Not only can it spell the end for the entire company, but it can affects employees, partnering businesses and directors. However, while bankruptcy is a common term, many still aren’t aware of the primary reasons that can cause it.

If that’s you, please read on as we discuss what causes businesses to go bankrupt.

Top reasons Why Businesses Go Bankrupt

In 2019 over 10,000 businesses in the UK went bankrupt. And that was in a pre-pandemic world.

In the US (as with the rest of the world), the picture looked even bleaker in 2020 and moving into 2021. Covid 19 played a role in a number of big US businesses declaring bankruptcy. While in the UK, it is estimated that 900,000 small businesses are at risk of failing due to the pandemic.
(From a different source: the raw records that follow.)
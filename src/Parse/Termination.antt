-- ===== src/Parse/Termination.antt =====
-- The scans of the descriptors end where no block is empty.
use tcluvc.Prelude.{
  ℕ, suc, ◌+◌, ◌≡◌, ◌≢◌, refl, Bool, true, false, not, Option, none, some, List, [], ◌∷◌, ◌++◌,
  length, ◌==◌, if◌then◌else◌, Run, done, fault, stuck, after, arith, get_elem?, Bool-cases, inl,
  inr,
}
use tcluvc.Prelude.Int.{pos}
use tcluvc.Bytes.{byte_at}
use tcluvc.Descriptors.{FrameDesc, FormatDesc, StreamingInterface, DeviceInfo}
use tcluvc.Usb
use tcluvc.Usb.{is_zero}
use tcluvc.Usb.Config.{AltSetting}
use tcluvc.Parse.Scan.{reading}
use tcluvc.Parse.Scan.Laws.{HasProgress, scan-HasProgress}
use tcluvc.Parse.Streaming.{
  add_frame, with_intervals, append_frame, parse_vs_input_header, parse_vs_format_uncompressed,
  parse_vs_frame_format, parse_vs_format_mjpeg, parse_vs_frame_frame, parse_vs_frame_uncompressed,
  parse_block, parse_vs, scan_streaming,
}
use tcluvc.Parse.Control.{
  parse_vc_input_terminal, parse_vc_processing_unit, parse_vc_selector_unit,
  parse_vc_extension_unit, scan_interfaces, parse_vc_header, parse_vc, find_control, scan_control,
  is_video_control, have_tis_camera,
}

after_ends :
    {A B : Type 0} (f : A → Run B) (r : Run A)
    → r ≢ stuck
    → ((a : A) → f a ≢ stuck)
    → after r f ≢ stuck
after_ends f (done a) h g = g a
after_ends f fault h g = ground arith
after_ends f stuck h g = absurd (h refl)

if_ends :
    {A : Type 0} (b : Bool) (r r' : Run A) → r ≢ stuck → r' ≢ stuck → (if b then r else r') ≢ stuck
if_ends true r r' h h' = h
if_ends false r r' h h' = h'

fault_ends : {A : Type 0} → ◌≢◌ {A = Run A} fault stuck
fault_ends = ground arith

done_ends : {A : Type 0} (a : A) → done a ≢ stuck
done_ends a = ground arith

reading_ends : {A : Type 0} (p : List ℕ) (n : ℕ) (a : A) → reading p n a ≢ stuck
reading_ends p n a = ground arith

add_frame_ends : (f : FrameDesc) (gs : List FormatDesc) → add_frame f gs ≢ stuck
unfolding add_frame
add_frame_ends f [] = ground arith
add_frame_ends f (g ∷ []) = ground arith
add_frame_ends f (g ∷ h ∷ gs) =
    after_ends _ (add_frame f (h ∷ gs)) (add_frame_ends f (h ∷ gs)) (λ rest. ground arith)

append_frame_ends :
    (s : StreamingInterface) (r : Run FrameDesc) → r ≢ stuck → after r (append_frame s) ≢ stuck
append_frame_ends s r h = after_ends _ r h (λ f.
    after_ends _ (add_frame f s.format_descs) (add_frame_ends f s.format_descs)
      (λ fs. ground arith))

with_intervals_ends : (p : List ℕ) (kind : ℕ) (f : FrameDesc) → with_intervals p kind f ≢ stuck
unfolding with_intervals
with_intervals_ends p kind f = ground arith

parse_block_ends : (s : StreamingInterface) (p : List ℕ) → parse_block s p ≢ stuck
unfolding parse_block
parse_block_ends s p =
    ground (arith, header, uncompressed, format, mjpeg, frame_uncompressed, frame_frame)
  where
    header : parse_vs_input_header s p ≢ stuck
    header = reading_ends p 9 _

    uncompressed : parse_vs_format_uncompressed s p ≢ stuck
    uncompressed = reading_ends p 27 _

    format : parse_vs_frame_format s p ≢ stuck
    format = reading_ends p 28 _

    mjpeg : parse_vs_format_mjpeg s p ≢ stuck
    mjpeg = reading_ends p 11 _

    frame_uncompressed : parse_vs_frame_uncompressed s p ≢ stuck
    frame_uncompressed = append_frame_ends s _ (with_intervals_ends p (byte_at p 25) _)

    frame_frame : parse_vs_frame_frame s p ≢ stuck
    frame_frame = append_frame_ends s _ (with_intervals_ends p (byte_at p 21) _)

parse_vs_ends : (s : StreamingInterface) (p : List ℕ) → parse_vs s p ≢ stuck
unfolding parse_vs
parse_vs_ends s p = after_ends _ (parse_block s p) (parse_block_ends s p) (λ s'. ground arith)

-- No interface of a configuration has an empty block in its first setting.
abbrev pub NoEmptyBlock : List (List AltSetting) → Type 0
NoEmptyBlock config =
    (i : ℕ) (alt : AltSetting) (alts : List AltSetting)
    → get_elem? config i ≡ some (alt ∷ alts)
    → HasProgress alt.extra

scan_streaming_ends :
    (config : List (List AltSetting)) (i : ℕ)
    → NoEmptyBlock config
    → scan_streaming config i ≢ stuck
unfolding scan_streaming
scan_streaming_ends config i h = go (get_elem? config i) refl
  where
    go : (o : Option (List AltSetting)) → get_elem? config i ≡ o → scan_streaming config i ≢ stuck
    go none e = rw (scan_streaming, e) (ground arith)
    go (some []) e = rw (scan_streaming, e) (ground arith)
    go (some (alt ∷ alts)) e =
        rw (scan_streaming, e)
          (scan-HasProgress parse_vs parse_vs_ends (suc (length alt.extra)) _ alt.extra
            (h i alt alts e) (omega arith))

module _ (config : List (List AltSetting)) (no_empty : NoEmptyBlock config) where
  scan_interfaces_ends :
      (info : DeviceInfo) (is : List ℕ) (inside : Bool)
      → scan_interfaces config info is inside ≢ stuck
  unfolding scan_interfaces
  scan_interfaces_ends info [] inside = ground arith
  scan_interfaces_ends info (i ∷ is) inside =
      after_ends _ (scan_streaming config i) (scan_streaming_ends config i no_empty) (λ r. ground (
        arith,
        scan_interfaces_ends (record info { stream_ifs = info.stream_ifs ++ (r.1 ∷ []) }) is inside,
      ))

  parse_vc_header_ends :
      (info : DeviceInfo) (p : List ℕ) (n : ℕ) → parse_vc_header config info p n ≢ stuck
  unfolding parse_vc_header
  parse_vc_header_ends info p n = search (if_ends, fault_ends, done_ends, scan_interfaces_ends)

  input_terminal_ends : (info : DeviceInfo) (p : List ℕ) → parse_vc_input_terminal info p ≢ stuck
  unfolding parse_vc_input_terminal
  input_terminal_ends info p = search (if_ends, fault_ends, done_ends, reading_ends)

  processing_unit_ends : (info : DeviceInfo) (p : List ℕ) → parse_vc_processing_unit info p ≢ stuck
  unfolding parse_vc_processing_unit
  processing_unit_ends info p = search (if_ends, fault_ends, reading_ends)

  selector_unit_ends : (info : DeviceInfo) (p : List ℕ) → parse_vc_selector_unit info p ≢ stuck
  unfolding parse_vc_selector_unit
  selector_unit_ends info p = reading_ends p 4 _

  extension_unit_ends : (info : DeviceInfo) (p : List ℕ) → parse_vc_extension_unit info p ≢ stuck
  unfolding parse_vc_extension_unit
  extension_unit_ends info p = search (if_ends, fault_ends, reading_ends)

  parse_vc_ends : (info : DeviceInfo) (p : List ℕ) → parse_vc config info p ≢ stuck
  unfolding parse_vc
  parse_vc_ends info p = if_ends (not (byte_at p 1 == 36)) _ _ (done_ends _) (
      if_ends (byte_at p 2 == 0x01) _ _ (parse_vc_header_ends info p (byte_at p 0)) (
        if_ends (byte_at p 2 == 0x02) _ _ (input_terminal_ends info p) (
          if_ends (byte_at p 2 == 0x03) _ _ (done_ends (pos 0, info)) (
            if_ends (byte_at p 2 == 0x04) _ _ (selector_unit_ends info p) (
              if_ends (byte_at p 2 == 0x05) _ _ (processing_unit_ends info p) (
                if_ends (byte_at p 2 == 0x06) _ _ (extension_unit_ends info p)
                  (done_ends (Usb.Error.invalid_device, info))))))))

-- What follows the search for the VideoControl interface ends if it does on every interface that
-- the configuration has.
find_control_ends :
    {A : Type 0} (tis : Bool) (f : Option (ℕ × AltSetting) → Run A)
    → f none ≢ stuck
    → (idx : ℕ) (is : List (List AltSetting))
    → ((k i : ℕ) (alt : AltSetting) (alts : List AltSetting)
        → get_elem? is i ≡ some (alt ∷ alts)
        → f (some (k, alt)) ≢ stuck)
    → after (find_control tis idx is) f ≢ stuck
unfolding find_control
find_control_ends tis f h_none idx [] h = h_none
find_control_ends tis f h_none idx ([] ∷ is) h = fault_ends
find_control_ends tis f h_none idx ((alt ∷ alts) ∷ is) h =
    elim (Bool-cases (is_video_control tis alt)) [
      | inl e ↦ rw e (h idx 0 alt alts refl)
      | inr e ↦ rw e (find_control_ends tis f h_none (idx + 1) is (λ k i. h k (suc i)))
    ]

-- Where no interface of the configuration has an empty block, the scan of the device's descriptors
-- ends: with a result, or by an access outside the descriptors or through NULL.
pub scan_control-NoEmptyBlock :
    (config : List (List AltSetting)) (vendor product : ℕ) (info : DeviceInfo)
    → NoEmptyBlock config
    → scan_control config vendor product info ≢ stuck
unfolding scan_control
scan_control-NoEmptyBlock config vendor product info h =
    find_control_ends (have_tis_camera vendor product) _ (done_ends _) 0 config (λ k i alt alts e.
      scan-HasProgress (parse_vc config) (parse_vc_ends config h) _ _ alt.extra (h i alt alts e)
        (omega arith))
Covid 19 aside, there are some other common reasons why businesses go bankrupt.

Financial Troubles

If a company can’t maintain a positive cash flow and generate enough revenue, it could negatively affect its financial stability. For startups and small businesses, not receiving enough or, worse, any funding from VCs or investors can lead to failure, thus bankruptcy.

And it’s not just funding. Startups need to keep an eye on expenses to make sure they don’t start accumulating debt.

Unwise Corporate Decisions

As a business is about management, making bad decisions and unwise strategies can lead to bankruptcy. It could be a pivot to a new market, manufacturing processes, or focus for a particular goal. Whatever it may be, every decision counts and can affect its stability and position in the market.

Having bad agreements in place or not putting agreements into writing can cause significant legal headaches. Agreements could be with partners, directors and employees.

Market Instability

Since the market is volatile, it’s uncertain what product will boom next, what company will rise, and what type of business will hit a snag. Accordingly, new competitions, failure to adapt to the market, and sudden economic changes can potentially make a business close.

For businesses in the UK, much instability was (and still is) caused by Brexit as businesses and consumers try to navigate any new regulations around trade.

Some startups have already reported significant increases in paperwork due to Brexit.

Tax Issues

If a company can’t manage its tax correctly, it could highly affect its financial position. Filing late or inaccurately can incur additional fees and penalties. Lastly, due taxes in the past months can add up.


Accidents like fire, theft, storms and other external causes can, unfortunately, lead a business to go bankrupt. When an accident destroys the office, damages tangible assets, and renders essential tools and machines useless, it can take time for a company to recover. While some can survive with insurance or investor’s help, many will still choose or cannot take action to avoid bankruptcy.

Final Words

Bankruptcy can happen due to financial issues, market instability, tax irresponsibility, ineffective strategies, and unwanted accidents. While many businesses gave up, others also strived to stay afloat. With careful planning, good market strategy, punctuality, and considerations for the future, a company can succeed and have enough resources to avoid bankruptcy.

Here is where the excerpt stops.